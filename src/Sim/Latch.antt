-- ===== src/Sim/Latch.antt =====
-- What gERROR does to the calls that follow, until the next start.
use profi_lua.Base.{
  ℕ, ◌≡◌, refl, true, false, none, List, [], ◌∷◌, ◌++◌, ◌==◌, ◌∙◌, map, Bool-cases, Option-cases,
  ok, inl, inr, Returns, returns, Returns-bind,
}
use profi_lua.Lua.{Lua, Number}
use profi_lua.Sim.State.{Script, Sim}
use profi_lua.Sim.Script.{change, close_lua_script}
use profi_lua.Sim.Calculate.{c_calculate_ex, c_sim_stop, step, pl_error}
use profi_lua.Sim.Host.{Arrays, Call, host, serve}
use profi_lua.Sim.Whole.Shown.{show_console-Shown}

-- The texts that were handed over last, `texts` if there is no step.
abbrev pub handed : (texts : ℕ → List ℕ) → List Arrays → ℕ → List ℕ
handed texts [] = texts
handed texts (a ∷ rest) = handed a.texts rest

module _ {W : Type 0} where
  -- The error is set, and of the simulator's arrays only the error pin may differ from `s`.
  pub record Latched (s z : Sim W) : Type 0 where
    pub error : z.error ≡ true
    pub override : z.override ≡ false
    pub same_lua : z.lua ≡ s.lua
    pub output : (i : ℕ) → z.output i ≡ change s.output 0 pl_error i
    pub user : z.user ≡ s.user
    pub strings : z.strings ≡ s.strings

  -- The same after CSimStop, which closes the script and the console.
  pub record Abandoned (s z : Sim W) : Type 0 where
    pub error : z.error ≡ true
    pub closed_lua : z.lua ≡ none
    pub closed_console : z.console ≡ false
    pub output : (i : ℕ) → z.output i ≡ change s.output 0 pl_error i
    pub user : z.user ≡ s.user
    pub strings : z.strings ≡ s.strings

  Latched-Latched : {s z z' : Sim W} → Latched s z → Latched z z' → Latched s z'
  Latched-Latched {s} {z} a b = record {
    error = b.error;
    override = b.override;
    same_lua = b.same_lua ∙ a.same_lua;
    output = λ i.
        b.output i
        ∙ elim (Bool-cases (i == 0)) [ inl t ↦ rw t refl | inr f ↦ rw f (a.output i ∙ rw f refl) ];
    user = b.user ∙ a.user;
    strings = b.strings ∙ a.strings;
  }

  -- The simulator hands over new texts.
  Latched-texts :
      {s z : Sim W} (texts : ℕ → List ℕ)
      → Latched s z
      → Latched (record s { strings = texts }) (record z { strings = texts })
  Latched-texts texts l = record {
    error = l.error;
    override = l.override;
    same_lua = l.same_lua;
    output = l.output;
    user = l.user;
    strings = refl;
  }

  module _ (lua : Lua) (script : Script W) where
    close_lua_script-none :
        (s : Sim W)
        → (u : W) × (close_lua_script lua script s ≡ ok tt (record s { lua = none; idle = u }))
    unfolding close_lua_script
    close_lua_script-none s = elim (Option-cases s.lua) [
      | inl e ↦ (s.idle, rw e)
      | inr (vm, e) ↦ (script.close_lua vm.world, rw e)
    ]

    c_calculate_ex-Latched :
        (s : Sim W) (input : ℕ → Number)
        → s.error ≡ true
        → s.override ≡ false
        → Returns (λ _ z. Latched s z) (c_calculate_ex lua script input s)
    unfolding c_calculate_ex step
    c_calculate_ex-Latched s input error override =
        let shown = show_console-Shown (record s { override = false }) input in
        rw (override, shown.result, error)
          (returns (record {
            error = refl;
            override = refl;
            same_lua = refl;
            output = λ i. refl;
            user = refl;
            strings = refl;
          }))

    c_sim_stop-Abandoned :
        (s z : Sim W) (input : ℕ → Number)
        → Latched s z
        → Returns (λ _ z'. Abandoned s z') (c_sim_stop lua script input z)
    unfolding c_sim_stop
    c_sim_stop-Abandoned s z input a =
        let (u, e) = close_lua_script-none (record z { error = true }) in
        rw (a.error, e)
          (elim (Bool-cases z.console) [
            | inl t ↦ rw t (
                returns (record {
                  error = refl;
                  closed_lua = refl;
                  closed_console = refl;
                  output = a.output;
                  user = a.user;
                  strings = a.strings;
                }))
            | inr f ↦ rw f (
                returns (record {
                  error = refl;
                  closed_lua = refl;
                  closed_console = refl;
                  output = a.output;
                  user = a.user;
                  strings = a.strings;
                }))
          ])

    steps-Abandoned :
        (s z : Sim W) (inputs : List Arrays) (last : ℕ → Number)
        → Latched s z
        → Returns
            (λ _ z'. Abandoned (record s { strings = handed s.strings inputs }) z')
            (host lua script (map Call.calculate inputs ++ Call.stop last ∷ []) z)
    unfolding host serve
    steps-Abandoned s z [] last a =
        Returns-bind (c_sim_stop-Abandoned s z last a) (λ _ z' c. returns c)
    steps-Abandoned s z (a ∷ inputs) last l =
        Returns-bind
          (c_calculate_ex-Latched (record z { strings = a.texts }) a.input l.error l.override)
          (λ _ z' b.
            steps-Abandoned (record s { strings = a.texts }) z' inputs last
              (Latched-Latched (Latched-texts a.texts l) b))

    -- Once `gERROR` is set in a simulation that has started, any further steps, at least one, and
    -- the stop return for any inputs, with any Lua state and any script, even one that raises
    -- errors. POutput[0] is the error value 5, the other outputs and PUser are as before, PString is
    -- as it was handed over for the last step, and the stop closes the script and the console.
    pub host-Abandoned :
        (s : Sim W) (first : Arrays) (inputs : List Arrays) (last : ℕ → Number)
        → s.error ≡ true
        → s.override ≡ false
        → Returns
            (λ _ z. Abandoned (record s { strings = handed first.texts inputs }) z)
            (host lua script
              (Call.calculate first ∷ map Call.calculate inputs ++ Call.stop last ∷ [])
              s)
    unfolding host serve
    host-Abandoned s first inputs last error override =
        let s' : Sim W = record s { strings = first.texts } in
        Returns-bind (c_calculate_ex-Latched s' first.input error override)
          (λ _ z a. steps-Abandoned s' z inputs last a)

*Work to be completed*
Respond with nothing but the number of lines in the data above that include the word "bind".

*Output of the exercise*
4